At least from that log file, everything worked as expected. cert-manager contacted successfully the Dogtag ACME endpoint via HTTP. Dogtag stored the challenge in the LDAP database. Every few seconds, it checked the DNS TXT record _acme-challenge for the expected token.

BIND9

We enabled the debug log levels for BIND9's different channels in /etc/named/ipa-logging-ext.conf by setting the severity to debug 3:

channel update {
        file "data/update.log" versions 10 size 10M;
        # !!! set it from `info` to `debug 3`
        severity debug 3;
        print-time yes;
        print-severity yes;
};

After a systemctl restart named, the logs in /var/named/data contained more information.
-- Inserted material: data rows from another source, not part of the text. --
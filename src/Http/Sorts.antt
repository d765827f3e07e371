-- ===== src/Http/Sorts.antt =====
-- The sort fields and the lists of texts of a request, as lmd/http.go reads them from what lmd/request.go
-- made of them.
use lmd.Prelude.{
  List, [], ◌∷◌, ◌++◌, Bytes, codes, ok, bind-ok, append-nil, append_assoc, ◌≡◌, refl, ap, sym, ◌∙◌,
  arith, equal,
}
use lmd.Prelude.Int.{pos}
use lmd.Runtime.{Go}
use lmd.Runtime.Dynamic.{Values, str, to_list, of_list}
use lmd.Objects.{ObjectsType}
use lmd.Text.{split_n, to_lower}
use lmd.Text.Cut.{Lacks, cut-append, cut-none}
use lmd.Request.{SortField, SortDirection, asc, desc}
use lmd.Request.Sort.{parse_sort_header, sort_parts}
use lmd.Http.Json.{json_values, unchanged}
use lmd.Http.{strings, text_values, sort_texts, direction_text, parse_sorts}

-- a sort field as the parser makes it, without an argument, whether its column has an index by now
abbrev pub IsPlainSort : SortField → Type 0
IsPlainSort s = Lacks b' ' s.name × (to_lower s.name ≡ s.name) × (s.args ≡ [])

-- The index of a column is not sent.
abbrev pub unplaced : List SortField → List SortField
unplaced [] = []
unplaced (s ∷ ss) = record s { index = pos 0 } ∷ unplaced ss

abbrev pub ArePlainSorts : List SortField → Type 0
ArePlainSorts [] = Unit
ArePlainSorts (s ∷ ss) = IsPlainSort s × ArePlainSorts ss

module _ (go : Go) where
  -- the texts of a list that was sent
  abbrev pub items : List Bytes → Values go.Float
  items ss = json_values go unchanged (of_list (text_values go ss))

  pub to_list-items : (ss : List Bytes) → to_list (items ss) ≡ text_values go ss
  unfolding to_list of_list json_values
  to_list-items [] = refl
  to_list-items (s ∷ ss) = ap (◌∷◌ (str s)) (to_list-items ss)

  strings-text_values : (ss : List Bytes) → strings go (text_values go ss) ≡ ok ss
  unfolding strings
  strings-text_values [] = refl
  strings-text_values (s ∷ ss) = bind-ok _ (strings-text_values ss)

  split_sort :
      (name direction : Bytes)
      → Lacks b' ' name
      → Lacks b' ' direction
      → split_n (name ++ b' ' ∷ direction) (codes " ") 3 ≡ name ∷ direction ∷ []
  unfolding split_n
  split_sort name direction lacks lacks' =
      rw (cut-append name b' ' [] direction lacks, split_n, cut-none direction b' ' [] lacks') refl

  parse_sort_header-direction :
      (name : Bytes) (d : SortDirection) (before : List SortField)
      → Lacks b' ' name
      → parse_sort_header before (name ++ b' ' ∷ direction_text go d)
        ≡ ok (
            before ++ record { name = to_lower name; direction = d; index = pos 0; args = [] } ∷ [])
  unfolding parse_sort_header to_lower equal
  parse_sort_header-direction name asc before lacks =
      ap (λ ps. sort_parts ps before) (split_sort name (codes "asc") lacks (omega arith))
  parse_sort_header-direction name desc before lacks =
      ap (λ ps. sort_parts ps before) (split_sort name (codes "desc") lacks (omega arith))

  parse_sort_header-text :
      (s : SortField) (before : List SortField)
      → IsPlainSort s
      → parse_sort_header before (s.name ++ b' ' ∷ direction_text go s.direction)
        ≡ ok (before ++ record s { index = pos 0 } ∷ [])
  parse_sort_header-text s before (lacks, lower, args) =
      parse_sort_header-direction s.name s.direction before lacks
      ∙ ap
          (λ (n : Bytes).
            ok (
              before
              ++ record { name = n; direction = s.direction; index = pos 0; args = [] } ∷ []))
          lower
      ∙ ap
          (λ (a : Bytes). ok (
            before
            ++ record { name = s.name; direction = s.direction; index = pos 0; args = a } ∷ []))
          (sym args)

  pub parse_sorts-texts :
      (o : ObjectsType) (ss before : List SortField)
      → ArePlainSorts ss
      → parse_sorts go o (text_values go (sort_texts go ss)) before ≡ ok (before ++ unplaced ss)
  unfolding parse_sorts
  parse_sorts-texts o [] before plain = ap ok (sym (append-nil before))
  parse_sorts-texts o (s ∷ ss) before plain =
      bind-ok _ (parse_sort_header-text s before plain.0)
      ∙ parse_sorts-texts o ss (before ++ record s { index = pos 0 } ∷ []) plain.1
      ∙ ap ok (append_assoc before (record s { index = pos 0 } ∷ []) (unplaced ss))

  pub read_strings : (ss : List Bytes) → strings go (to_list (items ss)) ≡ ok ss
  read_strings ss = ap (strings go) (to_list-items ss) ∙ strings-text_values ss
In particular, /var/named/data/update.log contained the following information:

2024 16:28:29.332 info: client @0x7ff15584a168 https://$FREEIPA_IP/#56589/key acme-update: update failed: $DOMAIN.$TLD: not authoritative for update zone (NOTAUTH)

We also checked the UDP traffic with tcpdump to make sure that the log entry really contained $DOMAIN.$TLD and not nix.$DOMAIN.$TLD.

Instead of using nix.$DOMAIN.$TLD, $DOMAIN.$TLD had been tried to be updated by cert-manager. The log entry had been written, before cert-manager received the RcodeNotAuth response.

cert-manager-and-freeipa.png

Putting the pieces together

It was not instantly visible nor understandable why $DOMAIN.$TLD had been used for ACME requests. After having looked through the source code segments and log files, the understanding of the big picture was much clearer. That allowed us to understand the bigger picture.

cert-manager was able to successfully contact FreeIPA for the ACME challenge. Also both parties, FreeIPA and cert-manager, exchanged valid datasets. That data was stored in the LDAP database on the FreeIPA and in the corresponding Kubernetes resources on cert-manager's side. cert-manager did sent the DNS update request to the right DNS server but with the wrong DNS zone. The communication flow of the different moving parts should look like this:

But the part with contacting the Windows Server DNS was completely missing. This led us to the conclusion that is somehow a misconfiguration of cert-manager. In our context, the specific documentation Delegated Domains for DNS01 of cert-manager' was relevant. We re-created the ACME challenge CNAME in Windows DNS server.


_acme-challenge.$DOMAIN.$TLD IN CNAME _acme-challenge.nix.$DOMAIN.$TLD.

cert-manager still contacted the DNS server of the sub zone nix.$DOMAIN.$TLD, even when the Kubernetes nodes and also rke2-coredns used the DNS of the primary zone. This is still pretty unsatisfying but we do not know, why it used the wrong DNS - even after various reboots of the cert-manager pods. We looked for some configuration options to force cert-manager using a specific DNS and also stumbled upon the section Setting Nameservers for DNS01 Self Check. We added the following

extraArgs:
  - --dns01-recursive-nameservers-only
  - --dns01-recursive-nameservers=$WINDOWS_SERVER_IP:53

in cert-manager's Helm values.yaml.

After redeploying the pod, the whole communication flow looked like the sequence diagram. cert-manager now updated the _acme-challenge in the correct DNS zone and received a valid certificate from FreeIPA.